Дан приказ прекратить бурение во втором забое и отойти. У входа в наш забой поставили дощатую преграду. Никто, кроме бурильщиков, не имеет права входить. Мы остаемся в забое. Снаружи пришла весть: у входного портала собралось много народу, все поют, пляшут. А какие корзины приготовили женщины! Это надо видеть.
Молоток запел в руках Артака. Вот бур его прошел последние сантиметры и провалился в пустоту. Николай побежал к скважине.
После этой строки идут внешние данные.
-- ===== src/TcpServer/Sessions/Ends.antt =====
-- How the connections of a server end.
use learn_for_cpp.Base.{
  ℕ, ◌≡◌, ◌≢◌, ◌↔◌, refl, sym, ap, ◌∙◌, subst, inl, inr, true, Option-cases, none, some, List, [],
  arith,
}
use learn_for_cpp.Buffer.{Readv, got}
use learn_for_cpp.Acceptor.{Accept}
use learn_for_cpp.TcpConnection
use learn_for_cpp.TcpConnection.{
  Connection, Write, connecting, connect_established, connect_destroyed, handle_read, handle_write,
  handle_close, send,
}
use learn_for_cpp.TcpConnection.Lifecycle.{shutdown-lives}
use learn_for_cpp.TcpConnection.Lives.{handle_write-lives, send-lives}
use learn_for_cpp.TcpServer.{Server, remove_connection_in_loop}
use learn_for_cpp.TcpServer.Connections
use learn_for_cpp.TcpServer.Connections.{Inv-Runs}
use learn_for_cpp.TcpServer.Sessions.{
  World, new_world, accept, remove_connection, close_event, read_event, write_event, send_to,
  shut_down, do_pending,
}
use learn_for_cpp.TcpServer.Sessions.Inv.{Inv, count, count-append}
use learn_for_cpp.TcpServer.Sessions.Steps.{
  accept-Inv, close_lem, read-Inv, on_object-Inv, pend_lem,
}

-- A server that was started, in its loop: it listens, and its connections have events while they are in
-- the map. The user sends and shuts down at any time that a connection is in the map.
pub data Runs (start_loop : ℕ → ℕ) (base threads : ℕ) : World → Type 0 where
  begins :
      {s : Server}
      → Connections.Runs start_loop base threads [] s
      → Runs start_loop base threads (new_world s)
  accepts :
      {w w' : World} (r : Accept)
      → Runs start_loop base threads w
      → accept w r ≡ some w'
      → Runs start_loop base threads w'
  closes :
      {w w' : World} (n loop : ℕ)
      → Runs start_loop base threads w
      → w.server.connections n ≡ some loop
      → close_event w n ≡ some w'
      → Runs start_loop base threads w'
  reads :
      {w w' : World} (n loop : ℕ) (r : Readv)
      → Runs start_loop base threads w
      → w.server.connections n ≡ some loop
      → read_event w n r ≡ some w'
      → Runs start_loop base threads w'
  writes :
      {w w' : World} (n : ℕ) (wr : Write)
      → Runs start_loop base threads w
      → write_event w n wr ≡ some w'
      → Runs start_loop base threads w'
  sends :
      {w w' : World} (n : ℕ) (message : List ℕ) (wr : Write)
      → Runs start_loop base threads w
      → send_to w n message wr ≡ some w'
      → Runs start_loop base threads w'
  shuts :
      {w w' : World} (n : ℕ)
      → Runs start_loop base threads w
      → shut_down w n ≡ some w'
      → Runs start_loop base threads w'
  pends :
      {w w' : World}
      → Runs start_loop base threads w
      → do_pending w ≡ some w'
      → Runs start_loop base threads w'

module _ (start_loop : ℕ → ℕ) (base threads : ℕ) where
  begins-Inv : (s : Server) → Connections.Runs start_loop base threads [] s → Inv (new_world s)
  unfolding new_world
  begins-Inv s run =
      let i = Inv-Runs start_loop base threads [] s run in
      record {
        each = λ n. elim (Option-cases (s.connections n)) [
          | inl absent ↦ ground (arith, absent)
          | inr (loop, there) ↦
              let (_, positive, below) = i.assigned n loop there in
              ground (arith, positive, below, i.numbered, i.handed)
        ];
        unused = λ n h. refl;
      }

  Runs-Inv : (w : World) → Runs start_loop base threads w → Inv w
  Runs-Inv w (begins {s} run) = begins-Inv s run
  Runs-Inv w (accepts {w = v} r run e) = accept-Inv v w r (Runs-Inv v run) e
  Runs-Inv w (closes {w = v} n loop run there e) =
      let (w', e', _, _, _, i) = close_lem v n loop (Runs-Inv v run) there in
      let same : w' ≡ w = ground (arith, e, e') in subst Inv same i
  Runs-Inv w (reads {w = v} n loop r run there e) = read-Inv v w n loop r (Runs-Inv v run) there e
  Runs-Inv w (writes {w = v} n wr run e) =
      on_object-Inv v w n (λ c. handle_write c wr) (λ c c'. handle_write-lives c c' wr)
        (Runs-Inv v run) (unfold write_event in e)
  Runs-Inv w (sends {w = v} n message wr run e) =
      on_object-Inv v w n (λ c. send c true message wr) (λ c c'. send-lives c c' message wr)
        (Runs-Inv v run) (unfold send_to in e)
  Runs-Inv w (shuts {w = v} n run e) =
      on_object-Inv v w n (λ c. some (TcpConnection.shutdown c true))
        (λ c c' live eq. let l = shutdown-lives c true live in ground (arith, l, eq))
        (Runs-Inv v run) (unfold shut_down in e)
  Runs-Inv w (pends {w = v} run e) =
      let (w', e', i, _, _, _) = pend_lem v (Runs-Inv v run) in
      let same : w' ≡ w = ground (arith, e, e') in subst Inv same i

-- Whatever happened to a server before: when the peer of a connection in the map closes, no assertion
-- fails, neither in `handleClose` nor in `removeConnectionInLoop`, nor in `connectDestoryed` when the
-- loop runs its queue. Then the connection has no object and is not in the map; the other connections
-- in the map keep their objects as they were; and no object is left but those in the map.
pub close-Runs :
    (start_loop : ℕ → ℕ) (base threads : ℕ) (w : World) (n loop : ℕ)
    → Runs start_loop base threads w
    → w.server.connections n ≡ some loop
    → (w' : World) × (close_event w n ≡ some w')
      × (v : World) × (do_pending w' ≡ some v)
      × (v.server.connections n ≡ none)
      × ((m : ℕ) → m ≢ n → w.server.connections m ≢ none → v.conns m ≡ w.conns m)
      × ((m : ℕ) → (v.conns m ≡ none) ↔ (v.server.connections m ≡ none))
close-Runs start_loop base threads w n loop run there =
    let i = Runs-Inv start_loop base threads w run in
    let (w', r, map, queue, others, i') = close_lem w n loop i there in
    let (v, r', j, server, empty, each) = pend_lem w' i' in
    let gone : v.server.connections n ≡ none =
      ap (λ s. s.connections n) server ∙ ap (λ f. f n) map ∙ ground arith in
    (
      w',
      r,
      v,
      r',
      gone,
      λ m other mapped.
          let before = i.each m in
          let more = ap (count m) queue ∙ count-append m n w.queue in
          let same = others m other in ground (arith, each m, before, more, same, other, mapped),
      λ m. let f = j.each m in let q = ap (count m) empty in ground (arith, f, q),
    )

-- The defect: `handleEvent` runs the close callback and then the read callback when the peer closed and
-- nothing is readable. After the first, a read that finds the end of the stream never goes through: it
-- closes a second time, and `removeConnectionInLoop` asserts that the connection is in the map.
pub read_event-close_event :
    (start_loop : ℕ → ℕ) (base threads : ℕ) (w w' : World) (n loop : ℕ)
    → Runs start_loop base threads w
    → w.server.connections n ≡ some loop
    → close_event w n ≡ some w'
    → read_event w' n (got []) ≡ none
unfolding read_event remove_connection remove_connection_in_loop
read_event-close_event start_loop base threads w w' n loop run there e =
    let (v, r, map, _, _, _) = close_lem w n loop (Runs-Inv start_loop base threads w run) there in
    let same : v ≡ w' = ground (arith, r, e) in
    let gone : w'.server.connections n ≡ none =
      ap (λ x. x.server.connections n) (sym same) ∙ ap (λ f. f n) map ∙ ground arith in
    elim (Option-cases (w'.conns n)) [
      | inl lost ↦ ground (arith, lost)
      | inr (c, here) ↦ elim (Option-cases (handle_read c (got []))) [
        | inl stuck ↦ ground (arith, here, stuck)
        | inr (c', done) ↦ ground (arith, here, done, gone)
      ]
    ]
— Свет... Я вижу свет из второго забоя!
Маркшейдер, дрожа всем телом, подошел к скважине, посмотрел, и вдруг плечи его затряслись. Проходчики обняли его:
— Ой, дядя Петрос, как же здорово, что ты не ходил в лес и медведи тебя не съели!
...Толпа обступила нас. Мы словно плывем в море цветов. Бухнули бутылки шампанского, пена побежала по камням. Волны Арпы, которые первыми достигли Севана, слизнули с камней, унесли с собой слезы нашей радости.
А дальше... Ребята ушли из участка, как отлетает стая ласточек, как взмывают в небо журавли одновременно и вместе.
Я заканчиваю свою историю. Прости меня, читатель, если об этих людях, душой богатых, верой чистых, я не смог рассказать с достойным их чувством. Поищи в себе недосказанное мною. Непременно найдешь.